# Crazy 3x3x2 algorithms



## ProfilesRubiks (Feb 26, 2010)

Does anyone know any good ones? the only one i could figure out is the one that swaps an edge from the top and bottom. the one that swaps to adjacent edges from the bottom mess up the circle, along with the back two lower corner swapping algorithm, and the horizontal edge switch. Could someone help? or perhaps post a video on youtube? there currently aren't any :C


----------



## iSpinz (Feb 26, 2010)

I'm going to make a full tutorial on it.


Step 1: Solve outer corners.
Solve a pair of white edges. 
Insert third white edge.
Then use this for the last one.





Turn U until you get 2 solved corners. 
Use the 2-gen with R2 T-Perm to swap the last two corners. 
R2 U R2 U' R2 y' R2 U' R2 U R2

Step 2: Solve inner corners.


Step 3: Solve inner and outer edges simultaneously.

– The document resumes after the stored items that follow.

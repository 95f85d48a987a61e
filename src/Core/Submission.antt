-- ===== src/Core/Submission.antt =====
-- packages/core/src/types.ts: the fields of `SubmissionState`, which the workers keep beside an advance.
-- The one interface of the source is three records here: what the submission, the recovery and the
-- observation of an advance have come to.
use arkade_taxi.Prelude.{ℕ, Option, List, Text}

pub data SubmissionPhase : Type 0 where
  claimed prepared responded finalized failed legacy : SubmissionPhase

pub data RecoveryPhase : Type 0 where
  recovery_prepared submitted recovery_failed recovery_legacy : RecoveryPhase

pub record Submission : Type 0 where
  pub submission_key : Option Text
  pub signed_envelope_digest : Option Text
  pub submission_phase : Option SubmissionPhase
  pub signed_lockup_envelope : Option Text
  pub prepared_ark_tx : Option Text
  pub prepared_checkpoints : Option (List Text)
  pub server_final_ark_tx : Option Text
  pub server_checkpoints : Option (List Text)
  pub submission_lease_owner : Option Text
  pub submission_lease_token : Option Text
  pub submission_lease_until : Option ℕ
  pub submission_attempts : Option ℕ
  pub submission_last_attempt_at : Option ℕ
  pub submission_next_attempt_at : Option ℕ
  pub finalized_at : Option ℕ
  pub ark_txid : Option Text
  pub submitted_at : Option ℕ

pub record Recovery : Type 0 where
  pub recovery_txid : Option Text
  pub recovery_submitted_at : Option ℕ
  pub recovery_phase : Option RecoveryPhase
  pub recovery_graph_digest : Option Text
  pub recovery_expected_txid : Option Text
  pub recovery_prepared_ark_tx : Option Text
  pub recovery_prepared_checkpoints : Option (List Text)
  pub recovery_response_ark_tx : Option Text
  pub recovery_response_checkpoints : Option (List Text)
  pub recovery_lease_owner : Option Text
  pub recovery_lease_token : Option Text
  pub recovery_lease_until : Option ℕ
  pub recovery_attempts : Option ℕ
  pub recovery_last_attempt_at : Option ℕ
  pub recovery_next_attempt_at : Option ℕ

pub record Observation : Type 0 where
  pub last_observed_at : Option ℕ
  pub observation_tip_hash : Option Text
  pub observation_tip_height : Option ℕ
  pub observation_stable_tip_hash : Option Text
  pub observation_stable_tip_height : Option ℕ
  pub observation_stable_count : Option ℕ
  pub failure_code : Option Text
  pub failure_detail : Option Text

pub record SubmissionState : Type 0 where
  pub submission : Submission
  pub recovery : Recovery
  pub observation : Observation
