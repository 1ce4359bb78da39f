-- ===== src/RunState/Dispatch.antt =====
-- `main` of scripts/run-state.py behind the parser of its command line.
use Prim.Native.String.{String}
use pulsaros_testbed.Prelude.{Option, none, some, Outcome}
use pulsaros_testbed.RunState.Commands.{
  World, Clock, SdnKind, cmd_init, cmd_phase, cmd_vm, cmd_sdn, cmd_sync_topology,
}

-- A command that goes on from a state, with its arguments.
pub data Command : Type 0 where
  phase : String → String → String → Command
  vm : String → String → String → Command
  sdn : SdnKind → String → String → Command
  sync_topology : Command

-- args.func(args), for such a command
unfoldable pub execute : String → World → Clock × Command → Outcome World
execute run_id w (clock, phase name status message) = cmd_phase clock name status message run_id w
execute run_id w (clock, vm host status management_ip) =
    cmd_vm clock host status management_ip run_id w
execute run_id w (clock, sdn kind name status) = cmd_sdn clock kind name status run_id w
execute run_id w (clock, sync_topology) = cmd_sync_topology clock run_id w

-- A command line: what is optional may be missing.
pub data Arguments : Type 0 where
  init : Option String → Arguments
  phase_args : String → Option String → Option String → Option String → Arguments
  vm_args : String → String → Option String → Option String → Arguments
  sdn_args : SdnKind → String → String → Option String → Arguments
  sync_args : Option String → Arguments

abbrev given_or : Option String → String → String
given_or none default = default
given_or (some s) default = s

-- args.func(args); `recorded` is os.environ.get("RUN_ID", "")
unfoldable pub main : String → Clock → World → Arguments → Outcome World
unfolding execute cmd_init
main recorded clock w (init name) = cmd_init clock (given_or name "initialized") w
main recorded clock w (phase_args name status message run_id) =
    execute (given_or run_id recorded) w
      (clock, phase name (given_or status "completed") (given_or message ""))
main recorded clock w (vm_args host status management_ip run_id) =
    execute (given_or run_id recorded) w (clock, vm host status (given_or management_ip ""))
main recorded clock w (sdn_args kind name status run_id) =
    execute (given_or run_id recorded) w (clock, sdn kind name status)
main recorded clock w (sync_args run_id) =
    execute (given_or run_id recorded) w (clock, sync_topology)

Step 4: Permute Fixed layer.

Step 5: Permute unfixed layer.


----------



## ProfilesRubiks (Feb 26, 2010)

do you even know what i'm talking about? i'm nto talking about a normal 3x3x2. i'm talking about this http://cube4you.com/product-644.html


----------



## iSpinz (Feb 26, 2010)

Yes, I sell them in my store.


----------



## Innocence (Feb 26, 2010)

He seems to know exactly what he's talking about. He just hasn't really elaborated on some of the steps.


----------



## cubemaste r (Apr 3, 2014)

I can solve the inner circle and the first layer, does anybody know algorithms to 3 cycle the last layer corners, to 3 cycle the last layer edges, and to swap to adjacent edges all without affecting the first layer and the inner circle?


----------



## cubemaste r (Apr 4, 2014)

cubemaste r said:


> I can solve the inner circle and the first layer, does anybody know algorithms to 3 cycle the last layer corners, to 3 cycle the last layer edges, and to swap to adjacent edges all without affecting the first layer and the inner circle?



I found a way to solve last layer edges, all I need is an algorithm to 3 cycle the last layer corners


----------